> [TASK DESCRIPTION]:
For the word "items", find each line in the entries where it occurs and copy that line.

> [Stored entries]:
--------
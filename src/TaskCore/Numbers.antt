-- ===== src/TaskCore/Numbers.antt =====
-- The numbers that new tasks get.
use playbook_harness.Base.{
  ℕ, ◌-◌, ◌≡◌, ◌⊎◌, inl, ◌≤◌, ◌<◌, refl, Bool, true, false, ◌&&◌, ◌||◌, ◌==◌, Option, none, some,
  List, [], ◌∷◌, arith, if◌then◌else◌,
}
use playbook_harness.TaskCore.{Item, number_of, larger_number, max_number, next_task_number}

abbrev pub number_is : ℕ → Option ℕ → Bool
number_is n none = false
number_is n (some m) = m == n

-- A directory has the number.
unfoldable pub taken : ℕ → List Item → Bool
taken n [] = false
taken n (i ∷ is) = (i.is_dir && number_is n (number_of i.name)) || taken n is

larger_number-bounds :
    (most n : ℕ) (o : Option ℕ)
    → (most ≤ larger_number most o) × ((number_is n o ≡ false) ⊎ (n ≤ larger_number most o))
larger_number-bounds most n none = ground arith
larger_number-bounds most n (some m) = ground arith

larger_number-attained :
    (most : ℕ) (o : Option ℕ)
    → (larger_number most o ≡ most) ⊎ (number_is (larger_number most o) o ≡ true)
larger_number-attained most none = inl refl
larger_number-attained most (some n) = ground arith

abbrev item_larger : ℕ → Item → ℕ
item_larger most i = if i.is_dir then larger_number most (number_of i.name) else most

max_number-bounds :
    (most n : ℕ) (is : List Item)
    → (most ≤ max_number most is) × ((taken n is ≡ false) ⊎ (n ≤ max_number most is))
unfolding max_number taken
max_number-bounds most n [] = ground arith
max_number-bounds most n (i ∷ is) = ground (
  arith,
  max_number-bounds (item_larger most i) n is,
  larger_number-bounds most n (number_of i.name),
)

max_number-attained :
    (most : ℕ) (is : List Item)
    → (max_number most is ≡ most) ⊎ (taken (max_number most is) is ≡ true)
unfolding max_number taken
max_number-attained most [] = inl refl
max_number-attained most (i ∷ is) = ground (
  arith,
  max_number-attained (item_larger most i) is,
  larger_number-attained most (number_of i.name),
)

-- Where a directory of a task has the number n, the next number is larger than n, and it is 1 or the
-- number before it is that of a directory.
pub next_task_number-fresh :
    (items : List Item) (n : ℕ)
    → taken n items ≡ true
    → (n < next_task_number (some items))
      × ((next_task_number (some items) ≡ 1)
          ⊎ (taken (next_task_number (some items) - 1) items ≡ true))
unfolding next_task_number
next_task_number-fresh items n h =
    ground (arith, max_number-bounds 0 n items, max_number-attained 0 items)
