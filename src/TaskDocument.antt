-- ===== src/TaskDocument.antt =====
-- src/tasks/task_document.py: reading and editing the authority fields of a task.md.
-- A task file is its text. The lock makes each operation one step on that text, and
-- `_atomic_replace` is the new text; an operation that raises before it leaves the old one.
pub mod Grammar
pub mod Scan
pub mod Document
pub mod Render
pub mod Claim
pub mod Gates
pub mod Replace
pub mod Ownership
pub mod Authority
pub mod Neutral
pub mod Assemble
pub mod GateLine
pub mod NextGate
pub mod GateClosed
pub mod Position
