-- ===== src/TaskDocument/Position.antt =====
-- `head_position`, `section_span` and `update_task_document`, and that a section's span is the one
-- that `parse` found.
use playbook_harness.Base.{
  ℕ, ◌+◌, ◌≡◌, refl, ◌∙◌, Option, none, some, List, [], ◌∷◌, ◌==◌, if◌then◌else◌, Result, ok, err,
  length, arith,
}
use playbook_harness.Text.{Text, codes, strip}
use playbook_harness.Text.Lines.{splitlines}
use playbook_harness.Identity.{SessionKey}
use playbook_harness.TaskDocument.Grammar.{heading_title, gate_match, is_required_field}
use playbook_harness.TaskDocument.Scan.{State, Mark, initial, scan, scan_line, headings}
use playbook_harness.TaskDocument.Document.{
  DocumentError, Section, TaskGate, TaskDocument, parse, gates, is_monitor_board, sections_named,
  one_section,
}
use playbook_harness.TaskDocument.Render.{render}
use playbook_harness.TaskDocument.Claim.{Step, finish}
use playbook_harness.TaskDocument.Gates.{open_gates}
use playbook_harness.TaskDocument.Assemble.{named, parse-Assembled}

-- The text of the head position: all gates are checked, a count on a monitor board, or a line.
pub data HeadPosition : Type 0 where
  all_checked : HeadPosition
  open_on_board : ℕ → HeadPosition
  at : Text → HeadPosition

abbrev head_on_line : Text → Option (ℕ × Text) → HeadPosition → HeadPosition
head_on_line line none rest = if is_required_field (strip line) then at (strip line) else rest
head_on_line line (some g) rest =
    if g.0 == b' ' then at g.1 else if is_required_field (strip line) then at (strip line) else rest

unfoldable pub first_position : List Text → List Mark → HeadPosition
first_position (l ∷ ls) (m ∷ ms) =
    let rest = first_position ls ms in
    if m.semantic then head_on_line l (gate_match l) rest else rest
first_position _ _ = all_checked

abbrev board_position : List TaskGate → HeadPosition
board_position [] = all_checked
board_position (g ∷ gs) = open_on_board (length (g ∷ gs))

unfoldable pub head_position : TaskDocument → HeadPosition
head_position d =
    if is_monitor_board d
    then board_position (open_gates (gates d))
    else first_position d.lines d.marks

-- The headings on the semantic lines, read again.
unfoldable pub headings_again : ℕ → List Text → List Mark → List (ℕ × Text)
headings_again i (l ∷ ls) (m ∷ ms) =
    let rest = headings_again (i + 1) ls ms in
    if m.semantic then elim (heading_title l) [ none ↦ rest | some t ↦ (i, t) ∷ rest ] else rest
headings_again i _ _ = []

unfoldable pub section_span : TaskDocument → Text → Result DocumentError (Option Section)
section_span d title =
    one_section title (sections_named title (length d.lines) (headings_again 0 d.lines d.marks))

abbrev update_parsed :
    Text → Result DocumentError TaskDocument → Option Text → Option SessionKey → Step TaskDocument
update_parsed original (err e) status session = (err e, original)
update_parsed original (ok d) status session = finish original (render d status session)

unfoldable pub update_task_document : Text → Option Text → Option SessionKey → Step TaskDocument
update_task_document original status session =
    update_parsed original (parse original) status session

-- A semantic line's title is recorded, and no other line has one.
abbrev Titled : Text → Mark → Type 0
Titled l m = m.heading ≡ (if m.semantic then heading_title l else none)

scan_line-Titled : (s : State) (l : Text) → Titled l (scan_line s l).1
unfolding scan_line
scan_line-Titled s l = ground arith

headings_again-step :
    (i : ℕ) (l : Text) (m : Mark) (ls : List Text) (ms : List Mark)
    → Titled l m
    → headings_again (i + 1) ls ms ≡ headings (i + 1) ms
    → headings_again i (l ∷ ls) (m ∷ ms) ≡ headings i (m ∷ ms)
unfolding headings_again headings
headings_again-step i l m ls ms t h = ground (arith, t, h)

headings_again-empty : (i : ℕ) → headings_again i [] [] ≡ headings i []
unfolding headings_again headings
headings_again-empty i = refl

headings_again-scan :
    (i : ℕ) (s : State) (ls : List Text) → headings_again i ls (scan s ls) ≡ headings i (scan s ls)
unfolding scan
headings_again-scan i s [] = headings_again-empty i
headings_again-scan i s (l ∷ ls) =
    headings_again-step i l (scan_line s l).1 ls (scan (scan_line s l).0 ls) (scan_line-Titled s l)
      (headings_again-scan (i + 1) (scan_line s l).0 ls)

span-named :
    (text : Text) (d : TaskDocument) (title : Text)
    → parse text ≡ ok d
    → section_span d title ≡ named title (splitlines text) (scan initial (splitlines text))
unfolding section_span
span-named text d title p =
    let a = (parse-Assembled text {d = d} p).1 in
    rw (a.lines_eq, a.marks_eq, headings_again-scan 0 initial (splitlines text)) refl

-- On a parsed document the spans of the status and of the sessions are the sections in which `parse`
-- found them, and no section of sessions is the one that `parse` missed.
pub section_span-parsed :
    (text : Text) (d : TaskDocument)
    → parse text ≡ ok d
    → (section_span d (codes "Status") ≡ ok (some d.status_section))
      × (section_span d (codes "Sessions") ≡ ok d.sessions_section)
section_span-parsed text d p =
    let a = (parse-Assembled text {d = d} p).1 in
    (
      span-named text d (codes "Status") p ∙ a.status_found,
      span-named text d (codes "Sessions") p ∙ a.sessions_found,
    )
--------
> [RESULT FOR THIS TASK]:
    (items : List Item) (n : ℕ)
    → taken n items ≡ true
    → (n < next_task_number (some items))
      × ((next_task_number (some items) ≡ 1)
          ⊎ (taken (next_task_number (some items) - 1) items ≡ true))
next_task_number-fresh items n h =
    ground (arith, max_number-bounds 0 n items, max_number-attained 0 items)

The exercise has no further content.